- TASK DESCRIPTION
Lines that include "here" make up the answer; copy all of them from the data below.

- DATASET
::::
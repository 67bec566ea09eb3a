-- ===== src/Exports/Samples.antt =====
-- Payloads, families and generations, runs of the exports on them, and the theorems at these inputs.
use family_tree_app.Prelude.{
  ℕ, ◌≡◌, refl, inl, inr, some, List, [], ◌∷◌, ◌++◌, map, Text, codes, text_functions, select,
  flat_map, any, All, ok, err,
}
use family_tree_app.Exports.Texts.{
  starts_with, replace_crlf, replace_cr, is_control, is_kept, clean_text,
}
use family_tree_app.Exports.Lines.{
  split_lines, escape_line_string, decimal, decimal_from, payload_part, first_line, continuation,
  terminated, line, IsOneLine, line_is_one_structure,
}
use family_tree_app.Exports.Families.{parent_chunks, partner_pairs}
use family_tree_app.Exports.Alignment.{
  Ranks, set_rank, max_rank, raise_member, raise_members, align_unions, lower_child, lower_children,
  align_round, align_from, align_union_ranks, export_source_invalid,
}
use family_tree_app.Exports.Generations.{
  IsAligned, child, align_union_ranks-IsAligned, align_union_ranks_conflict,
}

program : Unit {0}
unfolding starts_with replace_crlf replace_cr is_control is_kept clean_text split_lines
    escape_line_string decimal decimal_from payload_part first_line continuation line select
    flat_map any text_functions
program = tt

-- A note that tries to begin a structure of its own.
abbrev note : Text
note = codes "@born" ++ (13 ∷ 10 ∷ codes "0 TRLR")

line_run :
    line 1 [] (codes "NOTE") note
    ≡ codes "1 NOTE @@born" ++ (13 ∷ 10 ∷ (codes "2 CONT 0 TRLR" ++ (13 ∷ 10 ∷ [])))
unfolding program
line_run = refl

note_tag : IsOneLine (codes "NOTE")
unfolding program
note_tag = refl

no_reference : IsOneLine []
unfolding program
no_reference = refl

line_is_one_structure_example :
    (first : Text) × (rest : List Text) × (line 1 [] (codes "NOTE") note
      ≡ terminated (first_line 1 [] (codes "NOTE") first)
        ++ flat_map terminated (map (continuation 1) rest))
    × IsOneLine (first_line 1 [] (codes "NOTE") first)
    × All IsOneLine (map (continuation 1) rest)
line_is_one_structure_example = line_is_one_structure 1 [] (codes "NOTE") note no_reference note_tag

chunks_run : parent_chunks (1 ∷ 2 ∷ 3 ∷ []) ≡ (1 ∷ 2 ∷ []) ∷ (3 ∷ []) ∷ []
unfolding parent_chunks
chunks_run = refl

pairs_run : partner_pairs (1 ∷ 2 ∷ 3 ∷ []) ≡ some ((1 ∷ 2 ∷ []) ∷ (1 ∷ 3 ∷ []) ∷ [])
unfolding partner_pairs
pairs_run = refl

rank_program : Unit {0}
unfolding set_rank max_rank raise_member raise_members align_unions lower_child lower_children
    align_round align_from align_union_ranks
rank_program = tt

-- 1 is a parent of 2, and 2 and 3 are a couple.
abbrev couple : List (List ℕ)
couple = (2 ∷ 3 ∷ []) ∷ []

abbrev links : List (ℕ × ℕ)
links = (1, 2) ∷ []

abbrev ground_level : Ranks
ground_level _ = 0

abbrev settled : Ranks
unfolding rank_program
settled = set_rank (set_rank ground_level 2 1) 3 1

align_run : align_union_ranks couple links 3 ground_level ≡ ok settled
unfolding rank_program
align_run = refl

align_union_ranks-IsAligned_example : IsAligned couple links settled
align_union_ranks-IsAligned_example =
    align_union_ranks-IsAligned couple links 3 ground_level align_run

-- A parent and a child in one union.
align_union_ranks_conflict_example :
    align_union_ranks ((1 ∷ 2 ∷ []) ∷ []) links 2 ground_level ≡ err export_source_invalid
align_union_ranks_conflict_example =
    align_union_ranks_conflict ((1 ∷ 2 ∷ []) ∷ []) links 2 ground_level (1 ∷ 2 ∷ []) 1 2 (inl refl)
      (inl refl) (inr (inl refl)) (child 2 (inl refl))
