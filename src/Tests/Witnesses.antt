-- ===== src/Tests/Witnesses.antt =====
-- The theorems at concrete inputs that meet their hypotheses.
use tcp_dpdk.Base.{
  ℕ, ◌≡◌, ◌≢◌, ◌<◌, ◌↔◌, ◌⊎◌, refl, true, false, [], ◌∷◌, none, some, sub32, OrNull, Returns, arith,
}
use tcp_dpdk.Flags.{has_flag, set_flag, clear_flag}
use tcp_dpdk.Seq.{is_between_wrapped}
use tcp_dpdk.Seq.Order.{is_between_wrapped_iff}
use tcp_dpdk.Segment.{segment_check}
use tcp_dpdk.Segment.Window.{segment_check_empty_iff}
use tcp_dpdk.Connection.{Connection, fin_wait2, close, close_wait, time_wait, closing}
use tcp_dpdk.Tcp.{Core}
use tcp_dpdk.Tx.{tcp_tx_packets}
use tcp_dpdk.Handlers.{handle_tcp_listen, listen_at, open_and_send, init_listen}
use tcp_dpdk.Rx.{rx_packet, receive_segment, receive_at, tcp_rx_packets, quad_of}
use tcp_dpdk.Invariant.{IsWellFormed}
use tcp_dpdk.Invariant.Calls.{rx_packet-IsWellFormed}
use tcp_dpdk.Invariant.Moves.{Moves, rx_packet-Moves}
use tcp_dpdk.Invariant.Reach.{Reach, here, next, receives, tcp_rx_packets-OrNull, reachable_states}
use tcp_dpdk.Tests.Platform.{Table, platform, platform-IsDpdk, blank}
use tcp_dpdk.Tests.Traffic.{idle_core, syn, ack, push, fin, last, result_or}

is_between_wrapped_example :
    (is_between_wrapped 0xffff_fff0 3 5 ≡ true)
    ↔ ((0 < sub32 3 0xffff_fff0) × (sub32 3 0xffff_fff0 < sub32 5 0xffff_fff0))
is_between_wrapped_example =
    is_between_wrapped_iff 0xffff_fff0 3 5 (omega arith) (omega arith) (omega arith) (omega arith)

segment_check_empty_example : (segment_check blank 0 0 ≡ true) ↔ (◌≡◌ {A = ℕ} 0 0 ⊎ (sub32 0 0 < 0))
segment_check_empty_example =
    segment_check_empty_iff blank 0 (omega arith) (omega arith) (omega arith)

pub idle-IsWellFormed : IsWellFormed platform idle_core
idle-IsWellFormed q p e = cc

rx_packet-IsWellFormed_example : Returns (rx_packet platform idle_core syn) (IsWellFormed platform)
rx_packet-IsWellFormed_example =
    rx_packet-IsWellFormed platform platform-IsDpdk idle_core syn idle-IsWellFormed
      ((7, blank), refl) (omega arith)

rx_packet-Moves_example :
    Returns (rx_packet platform idle_core syn) (Moves platform (quad_of syn) idle_core)
rx_packet-Moves_example =
    rx_packet-Moves platform platform-IsDpdk idle_core syn idle-IsWellFormed ((7, blank), refl)
      (omega arith)

tcp_rx_packets-OrNull_example :
    OrNull
      (tcp_rx_packets platform idle_core
        ((false, syn ∷ ack ∷ push ∷ []) ∷ (false, fin ∷ last ∷ []) ∷ []))
      (IsWellFormed platform)
tcp_rx_packets-OrNull_example =
    tcp_rx_packets-OrNull platform platform-IsDpdk idle_core
      ((false, syn ∷ ack ∷ push ∷ []) ∷ (false, fin ∷ last ∷ []) ∷ []) idle-IsWellFormed
      (omega arith)

-- The core after a SYN.
abbrev half_open : Core Table
unfolding rx_packet receive_segment receive_at handle_tcp_listen listen_at open_and_send init_listen
    tcp_tx_packets has_flag set_flag clear_flag
half_open = result_or idle_core (rx_packet platform idle_core syn)

abbrev half_open_connection : Connection
unfolding rx_packet receive_segment receive_at handle_tcp_listen listen_at open_and_send init_listen
    tcp_tx_packets has_flag set_flag clear_flag
half_open_connection = elim (half_open.heap 7) [ none ↦ blank | some c ↦ c ]

half_open-Reach : Reach platform idle_core half_open
unfolding rx_packet receive_segment receive_at handle_tcp_listen listen_at open_and_send init_listen
    tcp_tx_packets has_flag set_flag clear_flag
half_open-Reach = next here (receives syn (omega arith) refl)

reachable_states_example :
    (half_open_connection.tcp_state ≢ fin_wait2)
    × (half_open_connection.tcp_state ≢ close)
    × (half_open_connection.tcp_state ≢ close_wait)
    × (half_open_connection.tcp_state ≢ time_wait)
    × (half_open_connection.tcp_state ≢ closing)
unfolding rx_packet receive_segment receive_at handle_tcp_listen listen_at open_and_send init_listen
    tcp_tx_packets has_flag set_flag clear_flag
reachable_states_example =
    reachable_states platform platform-IsDpdk (quad_of syn) 7 half_open_connection (λ k. refl)
      half_open-Reach refl refl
::::
- FINISHED EXERCISE
use tcp_dpdk.Invariant.Reach.{Reach, here, next, receives, tcp_rx_packets-OrNull, reachable_states}
half_open-Reach = next here (receives syn (omega arith) refl)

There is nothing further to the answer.